**Work to complete**
Throughout the entries below, report every line where "antt" is found.

Dataset entries
-- -- --
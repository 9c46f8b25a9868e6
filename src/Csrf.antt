-- ===== src/Csrf.antt =====
-- backend/src/auth/csrf.rs: the check of the header `X-Requested-With`. The headers are the list of their names, which
-- the `http` crate keeps in lower case, and their values; the handlers behind the check are an argument.
mod Tests
use rav.Common.{
  ℕ, ◌≡◌, ◌≢◌, ◌⊎◌, ◌↔◌, ap, sym, subst, Memᴰ, refl, inl, inr, Bool, true, false, ◌||◌, ◌&&◌, List,
  [], ◌∷◌, if◌then◌else◌, Bool-cases, Text, codes, text_eq, text_eq_iff, not, arith, mem-of_cons,
}

pub data Method : Type 0 where
  options : Method
  get : Method
  post : Method
  put : Method
  delete : Method
  head : Method
  trace : Method
  connect : Method
  patch : Method
  extension : Text → Method

pub record Request : Type 0 where
  pub method : Method
  pub headers : List (Text × Text)

-- `STATE_CHANGING_METHODS.contains(method)`
abbrev pub is_state_changing : Method → Bool
is_state_changing Method.post = true
is_state_changing Method.put = true
is_state_changing Method.delete = true
is_state_changing Method.patch = true
is_state_changing Method.options = false
is_state_changing Method.get = false
is_state_changing Method.head = false
is_state_changing Method.trace = false
is_state_changing Method.connect = false
is_state_changing (Method.extension name) = false

unfoldable pub contains_key : Text → List (Text × Text) → Bool
contains_key name [] = false
contains_key name ((other, value) ∷ headers) = text_eq other name || contains_key name headers

pub record Response : Type 0 where
  pub status : ℕ
  pub code : Text
  pub message : Text

abbrev pub rejection : Response
rejection = record {
  status = 403;
  code = codes "CSRF_REJECTED";
  message = codes "Missing X-Requested-With header";
}

unfoldable pub csrf_protection : (Request → Response) → Request → Response
csrf_protection next request =
    if is_state_changing request.method
      && not (contains_key (codes "x-requested-with") request.headers)
    then rejection
    else next request

-- What the requests behind the check have: a method that changes no state, or the header with any value.
pub IsAllowed : Request → Type 0
IsAllowed request =
    (is_state_changing request.method ≡ false)
    ⊎ ((value : Text) × Memᴰ (codes "x-requested-with", value) request.headers)

contains_key-of_mem :
    (name value : Text) (headers : List (Text × Text))
    → Memᴰ (name, value) headers
    → contains_key name headers ≡ true
unfolding contains_key
contains_key-of_mem name value [] m = elim m [ ]
contains_key-of_mem name value ((other, v) ∷ headers) m = elim (mem-of_cons m) [
  | inl e ↦ let same = (text_eq_iff other name).1 (sym (ap (λ p. p.0) e)) in rw same refl
  | inr n ↦ let later = contains_key-of_mem name value headers n in ground (arith, later)
]

mem-of_contains_key :
    (name : Text) (headers : List (Text × Text))
    → contains_key name headers ≡ true
    → (value : Text) × Memᴰ (name, value) headers
unfolding contains_key
mem-of_contains_key name [] h = cc
mem-of_contains_key name ((other, v) ∷ headers) h = elim (Bool-cases (text_eq other name)) [
  | inl same ↦ (v, Memᴰ.head (ap (λ n. (n, v)) (sym ((text_eq_iff other name).0 same))))
  | inr differs ↦
      let (value, m) = mem-of_contains_key name headers (rw differs at h) in (value, Memᴰ.tail m)
]

IsAllowed-cases :
    (request : Request)
    → (IsAllowed request
        × ((is_state_changing request.method
              && not (contains_key (codes "x-requested-with") request.headers))
            ≡ false))
      ⊎ ((¬ IsAllowed request)
          × ((is_state_changing request.method
                && not (contains_key (codes "x-requested-with") request.headers))
              ≡ true))
unfolding IsAllowed
IsAllowed-cases request =
    let name = codes "x-requested-with" in
    elim (Bool-cases (is_state_changing request.method)) [
      | inr safe ↦ inl (inl safe, rw safe refl)
      | inl changing ↦ elim (Bool-cases (contains_key name request.headers)) [
        | inl found ↦
            inl (inr (mem-of_contains_key name request.headers found), rw (changing, found) refl)
        | inr missing ↦ inr (
          elim [
            | inl safe ↦ cc
            | inr (value, m) ↦ let found = contains_key-of_mem name value request.headers m in cc
          ],
          rw (changing, missing) refl,
        )
      ]
    ]

-- A request is handed to the handlers exactly if its method changes no state or it has the header, whose value
-- may be empty; every other request is answered with the rejection.
pub csrf_protection-IsAllowed :
    (next : Request → Response) (request : Request)
    → (IsAllowed request × (csrf_protection next request ≡ next request))
      ⊎ ((¬ IsAllowed request) × (csrf_protection next request ≡ rejection))
unfolding csrf_protection
csrf_protection-IsAllowed next request = elim (IsAllowed-cases request) [
  | inl (allowed, passes) ↦ inl (allowed, rw passes refl)
  | inr (refused, fails) ↦ inr (refused, rw fails refl)
]
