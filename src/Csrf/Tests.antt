-- ===== src/Csrf/Tests.antt =====
-- Requests with and without the header.
use rav.Common.{◌≡◌, refl, [], ◌∷◌, codes, text_eq}
use rav.Csrf.{Method, Request, Response, contains_key, rejection, csrf_protection}

abbrev done : Request → Response
done request = record { status = 200; code = []; message = [] }

post_refused : csrf_protection done (record { method = Method.post; headers = [] }) ≡ rejection
unfolding csrf_protection contains_key
post_refused = refl

-- An empty value is enough.
empty_accepted :
    csrf_protection done
      (record { method = Method.post; headers = (codes "x-requested-with", []) ∷ [] })
    ≡ record { status = 200; code = []; message = [] }
unfolding csrf_protection contains_key text_eq
empty_accepted = refl
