-- ===== src/Filters.antt =====
-- backend/src/db/filters.rs: filter rules, their table, and which of them a message meets. A priority
-- is shifted by 2^63, which keeps the order of `i64`; times are seconds; the JSON columns are the
-- lists they stand for. Lower-casing (Unicode tables) and the `regex` crate are parameters.
pub mod Evaluate
pub mod Store
pub mod Validate
pub mod Matching
pub mod Storage
pub mod Changes
mod Tests
use rav.Common.{ℕ, ◌^◌, String, Bool, Option, List, Text}

pub record FilterCondition : Type 0 where
  pub field : String
  pub op : String
  pub value : Text

pub record FilterAction : Type 0 where
  pub action_type : String
  pub action_value : Option Text

pub record FilterRule : Type 0 where
  pub id : String
  pub name : Text
  pub enabled : Bool
  pub priority : ℕ
  pub conditions : List FilterCondition
  pub match_mode : String
  pub actions : List FilterAction
  pub stop_processing : Bool
  pub created_at : ℕ
  pub updated_at : ℕ

pub record CreateFilterRule : Type 0 where
  pub name : Text
  pub enabled : Bool
  pub priority : ℕ
  pub conditions : List FilterCondition
  pub match_mode : String
  pub actions : List FilterAction
  pub stop_processing : Bool

pub record UpdateFilterRule : Type 0 where
  pub name : Option Text
  pub enabled : Option Bool
  pub priority : Option ℕ
  pub conditions : Option (List FilterCondition)
  pub match_mode : Option String
  pub actions : Option (List FilterAction)
  pub stop_processing : Option Bool

pub record MessageContext : Type 0 where
  pub from_address : Text
  pub to_addresses : Text
  pub cc_addresses : Text
  pub subject : Text
  pub body_snippet : Text
  pub size : ℕ
  pub has_attachments : Bool
  pub is_reply : Bool
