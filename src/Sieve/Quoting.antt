-- ===== src/Sieve/Quoting.antt =====
-- backend/src/sieve/generator.rs: `escape_sieve` and `escape_sieve_glob`, against the reading of a
-- quoted string that RFC 5228 section 2.4.2 gives: a backslash stands for the character after it.
use rav.Common.{
  replace, ℕ, ◌≡◌, refl, ap, sym, inl, inr, Bool, true, false, Option, none, some, [], ◌∷◌, ◌++◌,
  arith, ◌==◌, ==_iff, if◌then◌else◌, Bool-cases, Text,
}

unfoldable pub escape_sieve : Text → Text
escape_sieve s = replace b'"' (b'\\' ∷ b'"' ∷ []) (replace b'\\' (b'\\' ∷ b'\\' ∷ []) s)

unfoldable pub escape_sieve_glob : Text → Text
escape_sieve_glob s =
    replace b'?' (b'\\' ∷ b'?' ∷ []) (replace b'*' (b'\\' ∷ b'*' ∷ []) (escape_sieve s))

abbrev pub push : ℕ → Option (Text × Text) → Option (Text × Text)
push c none = none
push c (some (value, rest)) = some (c ∷ value, rest)

-- Reads a quoted string from after its opening quote: its value, and what follows the closing quote.
unfoldable pub read_from : Bool → Text → Option (Text × Text)
read_from escaped [] = none
read_from true (c ∷ s) = push c (read_from false s)
read_from false (c ∷ s) =
    let plain = read_from false s in
    let next = read_from true s in
    if c == b'"' then some ([], s) else if c == b'\\' then next else push c plain

abbrev pub read_quoted : Text → Option (Text × Text)
read_quoted = read_from false

-- `escape_sieve`, one character at a time.
escape_sieve-cons :
    (c : ℕ) (s : Text)
    → escape_sieve (c ∷ s) ≡ (
        if c == b'"'
        then b'\\' ∷ b'"' ∷ escape_sieve s
        else if c == b'\\'
        then b'\\' ∷ b'\\' ∷ escape_sieve s
        else c ∷ escape_sieve s)
unfolding escape_sieve replace
escape_sieve-cons c s = ground (arith, ==_iff c b'"', ==_iff c b'\\')

-- A value that is written escaped between quotes is read back as it is, whatever characters it has, and
-- the string ends at the quote that was written after it.
pub read_quoted-escape_sieve :
    (value rest : Text) → read_quoted (escape_sieve value ++ b'"' ∷ rest) ≡ some (value, rest)
unfolding read_from escape_sieve replace
read_quoted-escape_sieve [] rest = refl
read_quoted-escape_sieve (c ∷ value) rest =
    let ih = read_quoted-escape_sieve value rest in
    rw (escape_sieve-cons c value) (elim (Bool-cases (c == b'"')) [
      | inl e ↦ rw (e, ih) (ap (λ x. some (x ∷ value, rest)) (sym ((==_iff c b'"').0 e)))
      | inr e ↦ elim (Bool-cases (c == b'\\')) [
        | inl b ↦ rw (e, b, ih) (ap (λ x. some (x ∷ value, rest)) (sym ((==_iff c b'\\').0 b)))
        | inr b ↦ rw (e, b) (rw (e, b, ih) refl)
      ]
    ])

escape_sieve_glob-cons :
    (c : ℕ) (s : Text)
    → escape_sieve_glob (c ∷ s) ≡ (
        if c == b'"'
        then b'\\' ∷ b'"' ∷ escape_sieve_glob s
        else if c == b'\\'
        then b'\\' ∷ b'\\' ∷ escape_sieve_glob s
        else if c == b'*'
        then b'\\' ∷ b'*' ∷ escape_sieve_glob s
        else if c == b'?'
        then b'\\' ∷ b'?' ∷ escape_sieve_glob s
        else c ∷ escape_sieve_glob s)
unfolding escape_sieve_glob escape_sieve replace
escape_sieve_glob-cons c s =
    ground (arith, ==_iff c b'"', ==_iff c b'\\', ==_iff c b'*', ==_iff c b'?')

-- What a server reads of a value written by `escape_sieve_glob` is the value itself: the backslashes
-- before its `*` and `?` are taken off with the quoting, and none is left for the pattern.
pub read_quoted-escape_sieve_glob :
    (value after rest : Text) (pattern : Text)
    → read_quoted after ≡ some (pattern, rest)
    → read_quoted (escape_sieve_glob value ++ after) ≡ some (value ++ pattern, rest)
unfolding read_from escape_sieve_glob escape_sieve replace
read_quoted-escape_sieve_glob [] after rest pattern h = h
read_quoted-escape_sieve_glob (c ∷ value) after rest pattern h =
    let ih = read_quoted-escape_sieve_glob value after rest pattern h in
    let as_read : (d : ℕ)
        → d ≡ c
        → push d (some (value ++ pattern, rest)) ≡ some (c ∷ value ++ pattern, rest) =
      λ d e. ap (λ x. some (x ∷ value ++ pattern, rest)) e in
    rw (escape_sieve_glob-cons c value) (elim (Bool-cases (c == b'"')) [
      | inl e ↦ rw (e, ih) (as_read _ (sym ((==_iff c b'"').0 e)))
      | inr e ↦ elim (Bool-cases (c == b'\\')) [
        | inl b ↦ rw (e, b, ih) (as_read _ (sym ((==_iff c b'\\').0 b)))
        | inr b ↦ elim (Bool-cases (c == b'*')) [
          | inl s ↦ rw (e, b, s, ih) (as_read _ (sym ((==_iff c b'*').0 s)))
          | inr s ↦ elim (Bool-cases (c == b'?')) [
            | inl q ↦ rw (e, b, s, q, ih) (as_read _ (sym ((==_iff c b'?').0 q)))
            | inr q ↦ rw (e, b, s, q) (rw (e, b, ih) refl)
          ]
        ]
      ]
    ])
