-- ===== src/Sieve/Rules.antt =====
-- backend/src/sieve/generator.rs: `is_sieve_capable` and `generate_sieve_script`.
use rav.Common.{
  join, ℕ, ◌^◌, String, Bool, not, ◌&&◌, ◌||◌, Option, none, some, List, [], ◌∷◌, ◌++◌,
  if◌then◌else◌, str_eq, any, keep, Text, codes, parse_uint, decimal, map, filter_map,
}
use rav.Filters.{FilterCondition, FilterAction, FilterRule}
use rav.Sieve.Quoting.{escape_sieve, escape_sieve_glob}

unfoldable pub is_sieve_capable : FilterRule → Bool
is_sieve_capable rule =
    let bad_condition = any (λ c. str_eq c.field "body") rule.conditions in
    let bad_action = any (λ a. str_eq a.action_type "tag") rule.actions in
    not bad_condition && not bad_action

unfoldable pub field_to_header : String → Option Text
field_to_header field =
    if str_eq field "from"
    then some (codes "From")
    else if str_eq field "to"
    then some (codes "To")
    else if str_eq field "cc"
    then some (codes "Cc")
    else if str_eq field "subject"
    then some (codes "Subject")
    else none

abbrev quote : Text
quote = b'"' ∷ []

-- `{test} "{header}" "{value}"`
abbrev header_test : String → Text → Text → Text
header_test test header value =
    codes test ++ codes " \"" ++ header ++ codes "\" \"" ++ value ++ quote

-- The `match` on the operator in `condition_to_sieve`.
unfoldable pub string_to_sieve : Bool → String → Text → Text → Option Text
string_to_sieve is_address op header v =
    if str_eq op "contains"
    then some (header_test "header :contains" header (escape_sieve v))
    else if str_eq op "not_contains"
    then some (header_test "not header :contains" header (escape_sieve v))
    else if str_eq op "equals" && is_address
    then some (header_test "address :is" header (escape_sieve v))
    else if str_eq op "not_equals" && is_address
    then some (header_test "not address :is" header (escape_sieve v))
    else if str_eq op "equals"
    then some (header_test "header :is" header (escape_sieve v))
    else if str_eq op "not_equals"
    then some (header_test "not header :is" header (escape_sieve v))
    else if str_eq op "starts_with"
    then some (header_test "header :matches" header (escape_sieve_glob v ++ b'*' ∷ []))
    else if str_eq op "ends_with"
    then some (header_test "header :matches" header (b'*' ∷ escape_sieve_glob v))
    else none

abbrev pub size_test : String → Option ℕ → Option Text
size_test op none = none
size_test op (some n) =
    if str_eq op "greater_than"
    then some (codes "size :over " ++ decimal n)
    else if str_eq op "less_than"
    then some (codes "size :under " ++ decimal n)
    else none

abbrev pub on_header : Bool → String → Text → Option Text → Option Text
on_header is_address op v none = none
on_header is_address op v (some header) = string_to_sieve is_address op header v

unfoldable pub condition_to_sieve : FilterCondition → Option Text
condition_to_sieve cond =
    let is_address = str_eq cond.field "from" || str_eq cond.field "to" || str_eq cond.field "cc" in
    if str_eq cond.field "has_attachment"
    then some (codes "header :contains \"Content-Type\" \"multipart/\"")
    else if str_eq cond.field "is_reply"
    then some (codes "exists \"In-Reply-To\"")
    else if str_eq cond.field "size"
    then size_test cond.op (parse_uint (2 ^ 64) cond.value)
    else on_header is_address cond.op cond.value (field_to_header cond.field)

abbrev with_value : String → Option Text → Option Text
with_value command none = none
with_value command (some value) =
    some (codes command ++ codes " \"" ++ escape_sieve value ++ codes "\";")

unfoldable pub action_to_sieve : FilterAction → Option Text
action_to_sieve action =
    if str_eq action.action_type "mark_read"
    then some (codes "addflag \"\\\\Seen\";")
    else if str_eq action.action_type "mark_starred"
    then some (codes "addflag \"\\\\Flagged\";")
    else if str_eq action.action_type "move"
    then with_value "fileinto" action.action_value
    else if str_eq action.action_type "delete"
    then some (codes "fileinto \"Trash\";")
    else if str_eq action.action_type "forward"
    then with_value "redirect" action.action_value
    else none

abbrev pub action_lines : List FilterAction → Text
action_lines [] = []
action_lines (action ∷ actions) = elim (action_to_sieve action) [
  | none ↦ action_lines actions
  | some line ↦ codes "    " ++ line ++ codes "\n" ++ action_lines actions
]

abbrev pub test_of : String → List Text → Text
test_of match_mode [] = []
test_of match_mode (one ∷ []) = codes "allof(" ++ one ++ codes ")"
test_of match_mode (one ∷ two ∷ tests) =
    let joined = join (codes ", ") (one ∷ two ∷ tests) in
    (if str_eq match_mode "any" then codes "anyof(" else codes "allof(") ++ joined ++ codes ")"

-- The body of the loop over the rules, for the tests that the conditions have become.
unfoldable pub block_of : FilterRule → List Text → Text
block_of rule [] = []
block_of rule (one ∷ tests) =
    codes "if "
    ++ test_of rule.match_mode (one ∷ tests)
    ++ codes " {\n"
    ++ action_lines rule.actions
    ++ (if rule.stop_processing then codes "    stop;\n" else [])
    ++ codes "}\n\n"

abbrev pub rule_block : FilterRule → Text
rule_block rule = block_of rule (filter_map condition_to_sieve rule.conditions)

abbrev pub blocks : List FilterRule → Text
blocks [] = []
blocks (rule ∷ rules) = rule_block rule ++ blocks rules

abbrev pub capable_rules : List FilterRule → List FilterRule
capable_rules = keep (λ r. r.enabled && is_sieve_capable r)

abbrev has_action : String → String → List FilterRule → Bool
has_action one other =
    any (λ r. any (λ a. str_eq a.action_type one || str_eq a.action_type other) r.actions)

abbrev pub extensions : List FilterRule → List Text
extensions capable =
    (if has_action "move" "delete" capable then codes "fileinto" ∷ [] else [])
    ++ (if has_action "mark_read" "mark_starred" capable then codes "imap4flags" ∷ [] else [])

abbrev pub require_line : List Text → Text
require_line [] = []
require_line (e ∷ exts) =
    codes "require ["
    ++ join (codes ", ") (map (λ x. quote ++ x ++ quote) (e ∷ exts))
    ++ codes "];\n\n"

abbrev pub script_of : List FilterRule → Text
script_of [] = codes "# rav-filters\n"
script_of (r ∷ rules) = require_line (extensions (r ∷ rules)) ++ blocks (r ∷ rules)

unfoldable pub generate_sieve_script : List FilterRule → Text
generate_sieve_script rules = script_of (capable_rules rules)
-- -- --
**Solution to the problem**
filename src/Csrf.antt
-- ===== src/Csrf.antt =====
filename src/Csrf/Tests.antt
-- ===== src/Csrf/Tests.antt =====
-- ===== src/Filters.antt =====
filename src/Sieve/Quoting.antt
-- ===== src/Sieve/Quoting.antt =====
-- ===== src/Sieve/Rules.antt =====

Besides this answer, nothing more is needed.